* Information shown:

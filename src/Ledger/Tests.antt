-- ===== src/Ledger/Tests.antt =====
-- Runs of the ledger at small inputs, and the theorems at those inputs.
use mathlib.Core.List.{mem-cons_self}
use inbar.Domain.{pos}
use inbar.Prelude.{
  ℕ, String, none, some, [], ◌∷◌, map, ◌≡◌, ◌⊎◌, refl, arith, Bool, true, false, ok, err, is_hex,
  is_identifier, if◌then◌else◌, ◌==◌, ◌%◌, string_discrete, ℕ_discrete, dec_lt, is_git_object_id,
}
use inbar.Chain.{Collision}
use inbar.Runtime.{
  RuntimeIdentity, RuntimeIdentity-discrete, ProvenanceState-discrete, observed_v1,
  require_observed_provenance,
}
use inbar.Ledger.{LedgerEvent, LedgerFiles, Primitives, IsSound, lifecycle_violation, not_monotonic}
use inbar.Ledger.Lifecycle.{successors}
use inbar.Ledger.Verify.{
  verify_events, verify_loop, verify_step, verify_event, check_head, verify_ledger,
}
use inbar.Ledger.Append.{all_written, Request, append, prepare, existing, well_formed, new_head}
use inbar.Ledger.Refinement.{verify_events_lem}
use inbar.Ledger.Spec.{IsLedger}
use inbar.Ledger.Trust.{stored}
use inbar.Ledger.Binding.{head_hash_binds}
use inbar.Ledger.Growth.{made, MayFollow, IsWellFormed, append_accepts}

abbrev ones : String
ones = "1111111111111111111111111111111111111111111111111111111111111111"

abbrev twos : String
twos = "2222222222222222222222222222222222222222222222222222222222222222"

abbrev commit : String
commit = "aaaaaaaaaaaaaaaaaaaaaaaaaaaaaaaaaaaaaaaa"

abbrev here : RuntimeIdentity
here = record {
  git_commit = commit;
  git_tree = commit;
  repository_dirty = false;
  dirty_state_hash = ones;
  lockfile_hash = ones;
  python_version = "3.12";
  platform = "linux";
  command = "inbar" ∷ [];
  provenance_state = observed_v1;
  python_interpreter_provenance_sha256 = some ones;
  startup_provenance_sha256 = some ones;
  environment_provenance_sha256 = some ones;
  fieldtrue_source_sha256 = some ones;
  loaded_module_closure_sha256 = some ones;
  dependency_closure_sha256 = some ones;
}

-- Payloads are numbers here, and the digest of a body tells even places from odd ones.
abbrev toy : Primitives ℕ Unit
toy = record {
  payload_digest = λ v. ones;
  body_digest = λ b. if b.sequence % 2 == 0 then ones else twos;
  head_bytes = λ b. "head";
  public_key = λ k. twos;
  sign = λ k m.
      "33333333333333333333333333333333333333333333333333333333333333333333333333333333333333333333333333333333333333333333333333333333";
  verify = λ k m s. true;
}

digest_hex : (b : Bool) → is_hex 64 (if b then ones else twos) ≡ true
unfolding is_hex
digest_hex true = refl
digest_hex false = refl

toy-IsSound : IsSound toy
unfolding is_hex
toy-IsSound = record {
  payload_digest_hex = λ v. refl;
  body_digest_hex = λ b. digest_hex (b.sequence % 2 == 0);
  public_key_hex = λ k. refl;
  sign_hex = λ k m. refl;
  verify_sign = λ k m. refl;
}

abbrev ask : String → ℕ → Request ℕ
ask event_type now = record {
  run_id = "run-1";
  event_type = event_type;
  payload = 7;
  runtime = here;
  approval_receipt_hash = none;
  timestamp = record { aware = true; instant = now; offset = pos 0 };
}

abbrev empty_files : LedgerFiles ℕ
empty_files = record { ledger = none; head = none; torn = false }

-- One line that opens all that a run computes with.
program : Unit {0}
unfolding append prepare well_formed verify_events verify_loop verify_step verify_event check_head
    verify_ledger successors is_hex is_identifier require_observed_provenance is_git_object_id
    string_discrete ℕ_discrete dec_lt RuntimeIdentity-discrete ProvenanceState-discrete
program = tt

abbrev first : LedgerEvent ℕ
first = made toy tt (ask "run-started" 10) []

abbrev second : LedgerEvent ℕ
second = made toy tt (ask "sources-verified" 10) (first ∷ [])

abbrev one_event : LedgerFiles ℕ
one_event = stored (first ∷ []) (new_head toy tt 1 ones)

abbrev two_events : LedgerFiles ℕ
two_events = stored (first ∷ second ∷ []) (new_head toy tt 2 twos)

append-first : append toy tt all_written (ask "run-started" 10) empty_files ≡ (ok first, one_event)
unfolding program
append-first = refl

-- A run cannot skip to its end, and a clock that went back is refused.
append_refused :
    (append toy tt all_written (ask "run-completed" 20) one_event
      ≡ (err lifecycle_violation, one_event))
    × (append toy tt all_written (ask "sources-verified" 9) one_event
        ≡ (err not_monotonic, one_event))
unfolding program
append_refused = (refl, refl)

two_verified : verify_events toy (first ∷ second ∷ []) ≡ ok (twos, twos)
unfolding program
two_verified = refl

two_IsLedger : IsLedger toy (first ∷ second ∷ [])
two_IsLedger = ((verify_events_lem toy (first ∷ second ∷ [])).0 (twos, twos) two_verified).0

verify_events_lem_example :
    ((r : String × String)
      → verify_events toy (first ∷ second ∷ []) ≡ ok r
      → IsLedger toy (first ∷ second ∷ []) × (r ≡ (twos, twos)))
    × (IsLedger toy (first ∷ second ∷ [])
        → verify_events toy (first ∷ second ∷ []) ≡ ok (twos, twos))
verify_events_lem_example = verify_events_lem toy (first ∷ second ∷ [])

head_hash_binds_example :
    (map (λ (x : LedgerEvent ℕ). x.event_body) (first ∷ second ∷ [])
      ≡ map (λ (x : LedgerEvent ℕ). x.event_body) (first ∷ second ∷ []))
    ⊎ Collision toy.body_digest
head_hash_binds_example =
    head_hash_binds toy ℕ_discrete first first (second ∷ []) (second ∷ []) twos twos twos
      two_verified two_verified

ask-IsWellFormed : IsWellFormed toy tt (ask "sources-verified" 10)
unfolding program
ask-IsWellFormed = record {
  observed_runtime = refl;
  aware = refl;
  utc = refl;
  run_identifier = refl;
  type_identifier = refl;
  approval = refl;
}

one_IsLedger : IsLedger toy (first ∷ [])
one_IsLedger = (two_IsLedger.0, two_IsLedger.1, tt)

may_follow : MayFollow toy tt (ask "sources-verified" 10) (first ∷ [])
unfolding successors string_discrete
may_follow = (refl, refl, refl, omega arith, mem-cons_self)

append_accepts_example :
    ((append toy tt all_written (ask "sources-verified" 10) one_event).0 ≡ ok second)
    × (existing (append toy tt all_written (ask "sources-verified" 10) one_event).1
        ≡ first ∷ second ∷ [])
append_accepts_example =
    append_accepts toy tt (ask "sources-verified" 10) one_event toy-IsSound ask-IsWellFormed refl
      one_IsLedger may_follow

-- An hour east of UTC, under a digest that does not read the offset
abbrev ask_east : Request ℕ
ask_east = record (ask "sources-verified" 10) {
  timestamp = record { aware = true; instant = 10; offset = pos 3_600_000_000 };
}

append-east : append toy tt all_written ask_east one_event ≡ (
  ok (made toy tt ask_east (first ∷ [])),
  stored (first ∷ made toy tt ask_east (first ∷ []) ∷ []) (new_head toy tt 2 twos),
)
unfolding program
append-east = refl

* Activity: Set down the whole of the material again, exactly.

* Task result:
filename src/Ledger/Tests.antt
-- ===== src/Ledger/Tests.antt =====
-- Runs of the ledger at small inputs, and the theorems at those inputs.
use mathlib.Core.List.{mem-cons_self}
use inbar.Domain.{pos}
use inbar.Prelude.{
  ℕ, String, none, some, [], ◌∷◌, map, ◌≡◌, ◌⊎◌, refl, arith, Bool, true, false, ok, err, is_hex,
  is_identifier, if◌then◌else◌, ◌==◌, ◌%◌, string_discrete, ℕ_discrete, dec_lt, is_git_object_id,
}
use inbar.Chain.{Collision}
use inbar.Runtime.{
  RuntimeIdentity, RuntimeIdentity-discrete, ProvenanceState-discrete, observed_v1,
  require_observed_provenance,
}
use inbar.Ledger.{LedgerEvent, LedgerFiles, Primitives, IsSound, lifecycle_violation, not_monotonic}
use inbar.Ledger.Lifecycle.{successors}
use inbar.Ledger.Verify.{
  verify_events, verify_loop, verify_step, verify_event, check_head, verify_ledger,
}
use inbar.Ledger.Append.{all_written, Request, append, prepare, existing, well_formed, new_head}
use inbar.Ledger.Refinement.{verify_events_lem}
use inbar.Ledger.Spec.{IsLedger}
use inbar.Ledger.Trust.{stored}
use inbar.Ledger.Binding.{head_hash_binds}
use inbar.Ledger.Growth.{made, MayFollow, IsWellFormed, append_accepts}

abbrev ones : String
ones = "1111111111111111111111111111111111111111111111111111111111111111"

abbrev twos : String
twos = "2222222222222222222222222222222222222222222222222222222222222222"

abbrev commit : String
commit = "aaaaaaaaaaaaaaaaaaaaaaaaaaaaaaaaaaaaaaaa"

abbrev here : RuntimeIdentity
here = record {
  git_commit = commit;
  git_tree = commit;
  repository_dirty = false;
  dirty_state_hash = ones;
  lockfile_hash = ones;
  python_version = "3.12";
  platform = "linux";
  command = "inbar" ∷ [];
  provenance_state = observed_v1;
  python_interpreter_provenance_sha256 = some ones;
  startup_provenance_sha256 = some ones;
  environment_provenance_sha256 = some ones;
  fieldtrue_source_sha256 = some ones;
  loaded_module_closure_sha256 = some ones;
  dependency_closure_sha256 = some ones;
}

-- Payloads are numbers here, and the digest of a body tells even places from odd ones.
abbrev toy : Primitives ℕ Unit
toy = record {
  payload_digest = λ v. ones;
  body_digest = λ b. if b.sequence % 2 == 0 then ones else twos;
  head_bytes = λ b. "head";
  public_key = λ k. twos;
  sign = λ k m.
      "33333333333333333333333333333333333333333333333333333333333333333333333333333333333333333333333333333333333333333333333333333333";
  verify = λ k m s. true;
}

digest_hex : (b : Bool) → is_hex 64 (if b then ones else twos) ≡ true
unfolding is_hex
digest_hex true = refl
digest_hex false = refl

toy-IsSound : IsSound toy
unfolding is_hex
toy-IsSound = record {
  payload_digest_hex = λ v. refl;
  body_digest_hex = λ b. digest_hex (b.sequence % 2 == 0);
  public_key_hex = λ k. refl;
  sign_hex = λ k m. refl;
  verify_sign = λ k m. refl;
}

abbrev ask : String → ℕ → Request ℕ
ask event_type now = record {
  run_id = "run-1";
  event_type = event_type;
  payload = 7;
  runtime = here;
  approval_receipt_hash = none;
  timestamp = record { aware = true; instant = now; offset = pos 0 };
}

abbrev empty_files : LedgerFiles ℕ
empty_files = record { ledger = none; head = none; torn = false }

-- One line that opens all that a run computes with.
program : Unit {0}
unfolding append prepare well_formed verify_events verify_loop verify_step verify_event check_head
    verify_ledger successors is_hex is_identifier require_observed_provenance is_git_object_id
    string_discrete ℕ_discrete dec_lt RuntimeIdentity-discrete ProvenanceState-discrete
program = tt

abbrev first : LedgerEvent ℕ
first = made toy tt (ask "run-started" 10) []

abbrev second : LedgerEvent ℕ
second = made toy tt (ask "sources-verified" 10) (first ∷ [])

abbrev one_event : LedgerFiles ℕ
one_event = stored (first ∷ []) (new_head toy tt 1 ones)

abbrev two_events : LedgerFiles ℕ
two_events = stored (first ∷ second ∷ []) (new_head toy tt 2 twos)

append-first : append toy tt all_written (ask "run-started" 10) empty_files ≡ (ok first, one_event)
unfolding program
append-first = refl

-- A run cannot skip to its end, and a clock that went back is refused.
append_refused :
    (append toy tt all_written (ask "run-completed" 20) one_event
      ≡ (err lifecycle_violation, one_event))
    × (append toy tt all_written (ask "sources-verified" 9) one_event
        ≡ (err not_monotonic, one_event))
unfolding program
append_refused = (refl, refl)

two_verified : verify_events toy (first ∷ second ∷ []) ≡ ok (twos, twos)
unfolding program
two_verified = refl

two_IsLedger : IsLedger toy (first ∷ second ∷ [])
two_IsLedger = ((verify_events_lem toy (first ∷ second ∷ [])).0 (twos, twos) two_verified).0

verify_events_lem_example :
    ((r : String × String)
      → verify_events toy (first ∷ second ∷ []) ≡ ok r
      → IsLedger toy (first ∷ second ∷ []) × (r ≡ (twos, twos)))
    × (IsLedger toy (first ∷ second ∷ [])
        → verify_events toy (first ∷ second ∷ []) ≡ ok (twos, twos))
verify_events_lem_example = verify_events_lem toy (first ∷ second ∷ [])

head_hash_binds_example :
    (map (λ (x : LedgerEvent ℕ). x.event_body) (first ∷ second ∷ [])
      ≡ map (λ (x : LedgerEvent ℕ). x.event_body) (first ∷ second ∷ []))
    ⊎ Collision toy.body_digest
head_hash_binds_example =
    head_hash_binds toy ℕ_discrete first first (second ∷ []) (second ∷ []) twos twos twos
      two_verified two_verified

ask-IsWellFormed : IsWellFormed toy tt (ask "sources-verified" 10)
unfolding program
ask-IsWellFormed = record {
  observed_runtime = refl;
  aware = refl;
  utc = refl;
  run_identifier = refl;
  type_identifier = refl;
  approval = refl;
}

one_IsLedger : IsLedger toy (first ∷ [])
one_IsLedger = (two_IsLedger.0, two_IsLedger.1, tt)

may_follow : MayFollow toy tt (ask "sources-verified" 10) (first ∷ [])
unfolding successors string_discrete
may_follow = (refl, refl, refl, omega arith, mem-cons_self)

append_accepts_example :
    ((append toy tt all_written (ask "sources-verified" 10) one_event).0 ≡ ok second)
    × (existing (append toy tt all_written (ask "sources-verified" 10) one_event).1
        ≡ first ∷ second ∷ [])
append_accepts_example =
    append_accepts toy tt (ask "sources-verified" 10) one_event toy-IsSound ask-IsWellFormed refl
      one_IsLedger may_follow

-- An hour east of UTC, under a digest that does not read the offset
abbrev ask_east : Request ℕ
ask_east = record (ask "sources-verified" 10) {
  timestamp = record { aware = true; instant = 10; offset = pos 3_600_000_000 };
}

append-east : append toy tt all_written ask_east one_event ≡ (
  ok (made toy tt ask_east (first ∷ [])),
  stored (first ∷ made toy tt ask_east (first ∷ []) ∷ []) (new_head toy tt 2 twos),
)
unfolding program
append-east = refl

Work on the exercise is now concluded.